Dataset entries:

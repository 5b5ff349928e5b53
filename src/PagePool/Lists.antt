-- ===== src/PagePool/Lists.antt =====
-- What an update and a deletion do to the page list.
use lcompat.Base.{
  ℕ, ◌^◌, ◌<◌, ◌≡◌, ◌≢◌, refl, none, some, List, [], ◌∷◌, ◌++◌, arith, ◌==◌, inl, inr, Bool-cases,
}
use lcompat.PagePool.{Page, find_page, update_page, delete_page}
use lcompat.PagePool.Invariant.{Fresh, Apart, AllOk, PageOk}

-- The write that `get_page` and `put_page` make.
abbrev pub set_refcnt : ℕ → Page → Page
set_refcnt n q = record q { refcnt = n }

pub find-Fresh : (p : ℕ) (pgs : List Page) → Fresh p pgs → find_page p pgs ≡ none
unfolding find_page
find-Fresh p [] f = refl
find-Fresh p (q ∷ qs) f = ground (arith, find-Fresh p qs)

pub ptr-find : (p : ℕ) (pgs : List Page) (pg : Page) → find_page p pgs ≡ some pg → pg.ptr ≡ p
unfolding find_page
ptr-find p [] pg e = cc
ptr-find p (q ∷ qs) pg e = ground (arith, ptr-find p qs pg)

pub find-PageOk :
    (p : ℕ) (pgs : List Page) (pg : Page) → AllOk pgs → find_page p pgs ≡ some pg → PageOk pg
unfolding find_page
find-PageOk p [] pg a e = cc
find-PageOk p (q ∷ qs) pg a e = elim (Bool-cases (q.ptr == p)) [
  | inl h ↦ let e' : q ≡ pg = ground arith in rw (← e') a.0
  | inr h ↦ find-PageOk p qs pg a.3 (rw h at e)
]

pub find-delete_self :
    (p : ℕ) (pgs : List Page) → AllOk pgs → find_page p (delete_page p pgs) ≡ none
unfolding find_page delete_page
find-delete_self p [] a = refl
find-delete_self p (q ∷ qs) a = ground (arith, find-delete_self p qs a.3, find-Fresh p qs)

pub find-delete_ne :
    (p q : ℕ) (pgs : List Page) → q ≢ p → find_page q (delete_page p pgs) ≡ find_page q pgs
unfolding find_page delete_page
find-delete_ne p q [] h = refl
find-delete_ne p q (x ∷ xs) h = ground (arith, find-delete_ne p q xs h)

pub find-update_self :
    (p n : ℕ) (pgs : List Page) (pg : Page)
    → find_page p pgs ≡ some pg
    → find_page p (update_page p (set_refcnt n) pgs) ≡ some (set_refcnt n pg)
unfolding find_page update_page
find-update_self p n [] pg e = cc
find-update_self p n (x ∷ xs) pg e = ground (arith, find-update_self p n xs pg)

pub find-update_ne :
    (p q n : ℕ) (pgs : List Page)
    → q ≢ p
    → find_page q (update_page p (set_refcnt n) pgs) ≡ find_page q pgs
unfolding find_page update_page
find-update_ne p q n [] h = refl
find-update_ne p q n (x ∷ xs) h = ground (arith, find-update_ne p q n xs h)

Fresh-delete : (p q : ℕ) (pgs : List Page) → Fresh q pgs → Fresh q (delete_page p pgs)
unfolding delete_page
Fresh-delete p q [] f = tt
Fresh-delete p q (x ∷ xs) f = ground (arith, Fresh-delete p q xs f.1)

Apart-delete : (p a s : ℕ) (pgs : List Page) → Apart a s pgs → Apart a s (delete_page p pgs)
unfolding delete_page
Apart-delete p a s [] f = tt
Apart-delete p a s (x ∷ xs) f = ground (arith, Apart-delete p a s xs f.1)

pub AllOk-delete : (p : ℕ) (pgs : List Page) → AllOk pgs → AllOk (delete_page p pgs)
unfolding delete_page
AllOk-delete p [] a = tt
AllOk-delete p (x ∷ xs) (o, f, d, rest) = elim (Bool-cases (x.ptr == p)) [
  | inl h ↦ rw (h, delete_page) rest
  | inr h ↦
      rw (h, delete_page)
        (o, Fresh-delete p x.ptr xs f, Apart-delete p x.addr x.size xs d, AllOk-delete p xs rest)
]

Fresh-update :
    (p n q : ℕ) (pgs : List Page) → Fresh q pgs → Fresh q (update_page p (set_refcnt n) pgs)
unfolding update_page
Fresh-update p n q [] f = tt
Fresh-update p n q (x ∷ xs) f = ground (arith, Fresh-update p n q xs f.1)

Apart-update :
    (p n a s : ℕ) (pgs : List Page) → Apart a s pgs → Apart a s (update_page p (set_refcnt n) pgs)
unfolding update_page
Apart-update p n a s [] f = tt
Apart-update p n a s (x ∷ xs) f = ground (arith, Apart-update p n a s xs f.1)

pub AllOk-update :
    (p n : ℕ) (pgs : List Page)
    → 0 < n
    → n < 2 ^ 32
    → AllOk pgs
    → AllOk (update_page p (set_refcnt n) pgs)
unfolding update_page
AllOk-update p n [] h l a = tt
AllOk-update p n (x ∷ xs) h l (o, f, d, rest) = elim (Bool-cases (x.ptr == p)) [
  | inl e ↦ rw (e, update_page) ((o.0, h, l, o.3), f, d, rest)
  | inr e ↦
      rw (e, update_page)
        (
          o,
          Fresh-update p n x.ptr xs f,
          Apart-update p n x.addr x.size xs d,
          AllOk-update p n xs h l rest,
        )
]

-- Two writes of a count are one.
pub update-update :
    (p n m : ℕ) (pgs : List Page)
    → update_page p (set_refcnt m) (update_page p (set_refcnt n) pgs)
      ≡ update_page p (set_refcnt m) pgs
unfolding update_page
update-update p n m [] = refl
update-update p n m (x ∷ xs) = ground (arith, update-update p n m xs)

-- Writing the count that is there changes nothing.
pub update_self :
    (p : ℕ) (pgs : List Page) (pg : Page)
    → find_page p pgs ≡ some pg
    → update_page p (set_refcnt pg.refcnt) pgs ≡ pgs
unfolding update_page find_page
update_self p [] pg e = cc
update_self p (x ∷ xs) pg e = ground (arith, update_self p xs pg)

-- A new page at the end is found, and its deletion gives the list back.
pub find_snoc :
    (n : Page) (pgs : List Page) → Fresh n.ptr pgs → find_page n.ptr (pgs ++ (n ∷ [])) ≡ some n
unfolding find_page
find_snoc n [] f = ground arith
find_snoc n (x ∷ xs) f = ground (arith, find_snoc n xs f.1)

pub delete_snoc :
    (n : Page) (pgs : List Page) → Fresh n.ptr pgs → delete_page n.ptr (pgs ++ (n ∷ [])) ≡ pgs
unfolding delete_page
delete_snoc n [] f = ground arith
delete_snoc n (x ∷ xs) f = ground (arith, delete_snoc n xs f.1)
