-- ===== src/PagePool/Counts.antt =====
-- The life of a page: references taken and dropped, and the one release of its frames.
use lcompat.Base.{
  ℕ, ◌+◌, ◌-◌, ◌^◌, ◌<◌, ◌≡◌, ◌≢◌, none, some, ◌∷◌, arith, ◌==◌, inl, inr, if◌then◌else◌,
  Bool-cases, ◌>>=◌,
}
use lcompat.PagePool.{
  Page, Pages, Grant, find_page, update_page, page_alloc, page_free, get_page, put_page, page_size,
  sizeof_page, new_page,
}
use lcompat.PagePool.Invariant.{IsValid, IsUnused}
use lcompat.PagePool.Lists.{
  set_refcnt, ptr-find, find-PageOk, find-delete_self, find-delete_ne, find-update_self,
  find-update_ne, AllOk-delete, AllOk-update, update-update, update_self, find_snoc, delete_snoc,
}

-- What a dropped reference to the page `pg` at `p` leaves behind.
pub record Dropped (p : ℕ) (pg : Page) (k k' : Pages) : Type 0 where
  pub valid : IsValid k'
  pub others : (q : ℕ) → q ≢ p → find_page q k'.live ≡ find_page q k.live
  pub page :
      find_page p k'.live
      ≡ (if pg.refcnt == 1 then none else some (record pg { refcnt = pg.refcnt - 1 }))
  pub freed : k'.freed ≡ (if pg.refcnt == 1 then (pg.addr, pg.size) ∷ k.freed else k.freed)

-- On a well-formed page list, `put_page` of a live page succeeds, keeps the list well-formed and
-- every other page, and either drops the count by one, or, at the last reference, takes the page off
-- the list and gives its frames back once.
pub put_page-Dropped :
    (p : ℕ) (pg : Page) (k : Pages)
    → IsValid k
    → find_page p k.live ≡ some pg
    → (k' : Pages) × (put_page p k ≡ some k') × Dropped p pg k k'
unfolding put_page page_free
put_page-Dropped p pg k v e =
    let here = ptr-find p k.live pg e in
    let fine = find-PageOk p k.live pg v.pages e in
    elim (Bool-cases (pg.refcnt == 1)) [
      | inl last ↦ (
        page_free pg k,
        ground (arith, here, fine),
        record {
          valid = record { pages = rw here (AllOk-delete p k.live v.pages) };
          others = λ q h. rw here (find-delete_ne p q k.live h);
          page = rw (last, here) (find-delete_self p k.live v.pages);
          freed = rw last;
        },
      )
      | inr more ↦ (
        record k { live = update_page p (set_refcnt (pg.refcnt - 1)) k.live },
        ground (arith, here, fine),
        record {
          valid = record {
            pages =
                AllOk-update p (pg.refcnt - 1) k.live (ground (arith, fine)) (ground (arith, fine))
                  v.pages;
          };
          others = λ q h. find-update_ne p q (pg.refcnt - 1) k.live h;
          page = rw more (find-update_self p (pg.refcnt - 1) k.live pg e);
          freed = rw more;
        },
      )
    ]

-- On a well-formed page list, `get_page` of a live page counts it once more, and the next `put_page`
-- undoes that: the pages are as before, if the count does not wrap.
pub put-get :
    (p : ℕ) (pg : Page) (k : Pages)
    → IsValid k
    → find_page p k.live ≡ some pg
    → pg.refcnt + 1 < 2 ^ 32
    → (get_page p k >>= put_page p) ≡ some k
unfolding get_page put_page
put-get p pg k v e fits =
    let here = ptr-find p k.live pg e in
    let fine = find-PageOk p k.live pg v.pages e in
    ground (
      arith,
      here,
      fine,
      find-update_self p (pg.refcnt + 1) k.live pg e,
      update-update p (pg.refcnt + 1) pg.refcnt k.live,
      update_self p k.live pg e,
    )

-- Where both allocations give something unused and the size is below 2 ^ 64 - 56,
-- `lcompat_page_alloc` hands out the granted page, and dropping its one reference leaves the page
-- list as it was, with the frames given back once.
pub put-page_alloc :
    (g : Grant) (pool size : ℕ) (k : Pages)
    → g.page ≢ 0
    → IsValid k
    → IsUnused g (if size == 0 then page_size else size) k
    → size < 2 ^ 64 - sizeof_page
    → let (p, k') = page_alloc g pool size k in
      (p ≡ g.page)
      × (put_page p k'
          ≡ some (record k { freed = (g.frames, if size == 0 then page_size else size) ∷ k.freed }))
unfolding page_alloc put_page new_page page_free
put-page_alloc g pool size k nz v u small =
    let size' = if size == 0 then page_size else size in
    let n = new_page g pool size' in
    ground (arith, u.page, find_snoc n k.live, delete_snoc n k.live)
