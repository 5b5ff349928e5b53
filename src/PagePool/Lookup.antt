-- ===== src/PagePool/Lookup.antt =====
-- From an address to its page, the end of a pool, and the frames of a large order.
use lcompat.Base.{
  ℕ, ◌+◌, ◌≤◌, ◌<◌, ◌≡◌, ◌≢◌, refl, some, List, [], ◌∷◌, arith, ◌==◌, inl, inr, if◌then◌else◌,
  Bool-cases, map, ltb, leb, ◌&&◌, false, ap, ◌⊎◌,
}
use lcompat.Base.Words.{add_u64}
use lcompat.PagePool.{
  Page, Pages, find_page, find_addr, virt_to_head_page, disown, page_pool_destroy,
}
use lcompat.PagePool.Invariant.{IsValid, AllOk, Fresh, Apart}

-- The page that owns the byte at `a`.
pub record Owns (k : Pages) (p a : ℕ) : Type 0 where
  pub page : Page
  pub found : find_page p k.live ≡ some page
  pub above : page.addr ≤ a
  pub below : a < page.addr + page.size

-- A found page is apart from whatever is apart from its list.
find-Apart :
    (a s p : ℕ) (pgs : List Page) (pg : Page)
    → Apart a s pgs
    → find_page p pgs ≡ some pg
    → (a + s ≤ pg.addr) ⊎ (pg.addr + pg.size ≤ a)
unfolding find_page
find-Apart a s p [] pg d e = cc
find-Apart a s p (x ∷ xs) pg d e = elim (Bool-cases (x.ptr == p)) [
  | inl h ↦ let e' : x ≡ pg = ground arith in rw (← e') d.0
  | inr h ↦ find-Apart a s p xs pg d.1 (rw h at e)
]

find_addr_complete :
    (p a : ℕ) (pgs : List Page) (pg : Page)
    → AllOk pgs
    → find_page p pgs ≡ some pg
    → pg.addr ≤ a
    → a < pg.addr + pg.size
    → find_addr a pgs ≡ p
unfolding find_addr find_page
find_addr_complete p a [] pg v e lo hi = cc
find_addr_complete p a (x ∷ xs) pg (o, f, d, rest) e lo hi = elim (Bool-cases (x.ptr == p)) [
  | inl h ↦
      let e' : x ≡ pg = ground arith in
      ground (arith, ap (λ (q : Page). q.addr) e', ap (λ (q : Page). q.size) e')
  | inr h ↦
      let e' = rw h at e in
      ground (arith, find-Apart x.addr x.size p xs pg d e', find_addr_complete p a xs pg rest e')
]

-- On a well-formed page list, `virt_to_head_page` of an address that is not NULL and lies inside a
-- live page's memory is that page.
pub virt_to_head_page_complete :
    (p a : ℕ) (k : Pages) → IsValid k → a ≢ 0 → Owns k p a → virt_to_head_page a k ≡ p
unfolding virt_to_head_page
virt_to_head_page_complete p a k v nz o =
    ground (arith, find_addr_complete p a k.live o.page v.pages o.found o.above o.below)

find-Fresh_ne :
    (p : ℕ) (x : Page) (xs : List Page) (pg : Page)
    → Fresh x.ptr xs
    → find_page p xs ≡ some pg
    → x.ptr ≢ p
unfolding find_page
find-Fresh_ne p x [] pg f e = cc
find-Fresh_ne p x (y ∷ ys) pg f e = elim (Bool-cases (y.ptr == p)) [
  | inl h ↦ ground (arith, f.0)
  | inr h ↦ find-Fresh_ne p x ys pg f.1 (rw h at e)
]

-- The search's answer, when it is not NULL, is a live page that holds the address.
record Found (a p : ℕ) (pgs : List Page) : Type 0 where
  page : Page
  found : find_page p pgs ≡ some page
  above : page.addr ≤ a
  below : a < page.addr + page.size

find_addr_sound :
    (a : ℕ) (pgs : List Page) → AllOk pgs → find_addr a pgs ≢ 0 → Found a (find_addr a pgs) pgs
unfolding find_addr find_page
find_addr_sound a [] v nz = absurd (nz refl)
find_addr_sound a (x ∷ xs) (o, f, d, rest) nz =
    elim (Bool-cases (leb x.addr a && ltb a (add_u64 x.addr x.size))) [
      | inl h ↦
          rw (h, find_addr)
            (record { page = x; found = ground arith; above = ground arith; below = ground arith })
      | inr h ↦
          let r = find_addr_sound a xs rest (rw h at nz) in
          rw (h, find_addr)
            (record {
              page = r.page;
              found = ground (arith, r.found, find-Fresh_ne (find_addr a xs) x xs r.page f r.found);
              above = r.above;
              below = r.below;
            })
    ]

-- On a well-formed page list, what `virt_to_head_page` returns is NULL or a live page whose memory
-- holds the address.
pub virt_to_head_page-Owns :
    (a : ℕ) (k : Pages) → IsValid k → virt_to_head_page a k ≢ 0 → Owns k (virt_to_head_page a k) a
unfolding virt_to_head_page
virt_to_head_page-Owns a k v nz = elim (Bool-cases (a == 0)) [
  | inl e ↦ absurd (nz (rw e))
  | inr e ↦
      let r = find_addr_sound a k.live v.pages (rw e at nz) in
      rw e (record { page = r.page; found = r.found; above = r.above; below = r.below })
]

abbrev pub NoPool : ℕ → List Page → Type 0
NoPool pool [] = Unit {0}
NoPool pool (q ∷ qs) = (q.pp ≢ pool) × NoPool pool qs

disown-NoPool : (pool : ℕ) (pgs : List Page) → pool ≢ 0 → NoPool pool (map (disown pool) pgs)
unfolding disown
disown-NoPool pool [] nz = tt
disown-NoPool pool (x ∷ xs) nz = (ground arith, disown-NoPool pool xs nz)

find-disown :
    (pool p : ℕ) (pgs : List Page) (pg : Page)
    → find_page p pgs ≡ some pg
    → find_page p (map (disown pool) pgs)
      ≡ some (record pg { pp = if pg.pp == pool then 0 else pg.pp })
unfolding disown find_page
find-disown pool p [] pg e = cc
find-disown pool p (x ∷ xs) pg e = elim (Bool-cases (x.ptr == p)) [
  | inl h ↦ ground arith
  | inr h ↦ ground (arith, find-disown pool p xs pg (rw h at e))
]

-- After `page_pool_destroy` of a pool that is not NULL no live page points to the pool, and every
-- live page is live as before, with only that pointer cleared.
pub page_pool_destroy_lem :
    (pool p : ℕ) (pg : Page) (k : Pages)
    → pool ≢ 0
    → find_page p k.live ≡ some pg
    → NoPool pool (page_pool_destroy pool k).live
      × (find_page p (page_pool_destroy pool k).live
          ≡ some (record pg { pp = if pg.pp == pool then 0 else pg.pp }))
unfolding page_pool_destroy
page_pool_destroy_lem pool p pg k nz e =
    let e' : (pool == 0) ≡ false = ground arith in
    rw e' (disown-NoPool pool k.live nz, find-disown pool p k.live pg e)
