-- ===== src/PagePool/Order.antt =====
-- `get_order`: the least order whose block holds the size.
use native.Mathlib.Nat.{pow-suc, pow-le-pow_right}
use lcompat.Base.{
  ℕ, zero, suc, ◌+◌, ◌-◌, ◌*◌, ◌/◌, ◌^◌, ◌≤◌, ◌<◌, ◌≡◌, ◌≢◌, inl, inr, arith, ◌==◌, ltb, leb,
  Bool-cases, ltb→lt, ltb→le,
}
use lcompat.PagePool.{page_size, page_shift, order_loop, get_order}

-- What the loop adds to `order`: the number of binary digits of `pages`.
record Digits (pages order result : ℕ) : Type 0 where
  digits : ℕ
  counted : result ≡ order + digits
  above : pages < 2 ^ digits
  least : 0 < digits → 2 ^ digits ≤ 2 * pages

least_double :
    (digits pages : ℕ)
    → pages ≢ 0
    → pages / 2 < 2 ^ digits
    → (0 < digits → 2 ^ digits ≤ 2 * (pages / 2))
    → 2 ^ suc digits ≤ 2 * pages
least_double zero pages nz above least = omega arith
least_double (suc m) pages nz above least = omega (arith, least (omega arith), pow-suc 2 (suc m))

Digits-double :
    (pages order result : ℕ)
    → pages ≢ 0
    → Digits (pages / 2) (order + 1) result
    → Digits pages order result
Digits-double pages order result nz d = record {
  digits = suc d.digits;
  counted = omega (arith, d.counted);
  above = omega (arith, d.above, pow-suc 2 d.digits);
  least = λ _. least_double d.digits pages nz d.above d.least;
}

order_loop-Digits :
    (fuel pages order : ℕ) → pages < 2 ^ fuel → Digits pages order (order_loop fuel pages order)
unfolding order_loop
order_loop-Digits zero pages order h = record {
  digits = 0;
  counted = omega arith;
  above = h;
  least = λ l. omega arith;
}
order_loop-Digits (suc fuel) pages order h = elim (Bool-cases (pages == 0)) [
  | inl e ↦
      rw (e, order_loop)
        (record {
          digits = 0;
          counted = omega arith;
          above = ground arith;
          least = λ l. omega arith;
        })
  | inr e ↦
      rw (e, order_loop)
        (Digits-double pages order _ (ground arith)
          (order_loop-Digits fuel (pages / 2) (order + 1) (omega (arith, pow-suc 2 fuel))))
]

least_block :
    (size order : ℕ)
    → page_size < size
    → Digits ((size - 1) / 2 ^ page_shift) 0 order
    → (size ≤ page_size * 2 ^ order) × (0 < order → page_size * 2 ^ order < 2 * size)
least_block size order big d =
    let e : order ≡ d.digits = omega (arith, d.counted) in
    rw e (omega (arith, d.above), λ l. omega (arith, d.least l))

-- The block of the order that `get_order` returns holds `size` bytes, and for any order but 0 half
-- of that block does not, for every `unsigned long` size.
pub get_order_least :
    (size : ℕ)
    → size < 2 ^ 64
    → (size ≤ page_size * 2 ^ get_order size)
      × (0 < get_order size → page_size * 2 ^ get_order size < 2 * size)
unfolding get_order
get_order_least size h = elim (Bool-cases (leb size page_size)) [
  | inl e ↦ rw e (ground arith, λ l. omega arith)
  | inr e ↦ rw e (
      least_block size _ (ground arith)
        (order_loop-Digits 64 ((size - 1) / 2 ^ page_shift) 0 (omega arith)))
]

-- A 32-bit size needs an order below 21, so its block is far from the limits of `size_t`.
pub get_order-lt : (size : ℕ) → size ≤ 2 ^ 32 → get_order size < 21
get_order-lt size h = elim (Bool-cases (ltb (get_order size) 21)) [
  | inl e ↦ ltb→lt (get_order size) 21 e
  | inr e ↦
      let big : 21 ≤ get_order size = ltb→le (get_order size) 21 e in
      let w : 2 ^ 21 ≤ 2 ^ get_order size = pow-le-pow_right {n = 2} (omega arith) big in
      absurd (omega (arith, (get_order_least size (omega arith)).1 (omega arith), w, h))
]
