-- ===== src/PagePool/Refcount.antt =====
-- The references to a page as a number that is 0 once the page is gone.
use lcompat.Base.{
  ℕ, ◌+◌, ◌<◌, ◌≡◌, Option, none, some, arith, ◌==◌, inl, inr, if◌then◌else◌, Option-cases,
}
use lcompat.PagePool.{Page, Pages, find_page, put_page}
use lcompat.PagePool.Invariant.{IsValid}
use lcompat.PagePool.Lists.{find-PageOk}
use lcompat.PagePool.Counts.{put_page-Dropped}

abbrev pub count_of : Option Page → ℕ
count_of none = 0
count_of (some pg) = pg.refcnt

unfoldable pub refcount : ℕ → Pages → ℕ
refcount p k = count_of (find_page p k.live)

-- The page list after one reference to `p` is dropped.
pub record Put (p : ℕ) (k k' : Pages) : Type 0 where
  pub valid : IsValid k'
  pub counts : (q : ℕ) → refcount q k ≡ refcount q k' + (if q == p then 1 else 0)

-- `put_page` of a page with a reference succeeds, and drops one reference to it and none to another.
pub put_page-Put :
    (p : ℕ) (k : Pages)
    → IsValid k
    → 0 < refcount p k
    → (k' : Pages) × (put_page p k ≡ some k') × Put p k k'
unfolding refcount
put_page-Put p k v h = elim (Option-cases (find_page p k.live)) [
  | inl e ↦ absurd (ground (arith, e))
  | inr (pg, e) ↦
      let (k', e', d) = put_page-Dropped p pg k v e in
      (
        k',
        e',
        record {
          valid = d.valid;
          counts = λ q. ground (arith, find-PageOk p k.live pg v.pages e, d.page, d.others q);
        },
      )
]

_Assignment_. From the records above, how many lines include the word "NoPool"? Only the number is wanted.

_Written answer_. 8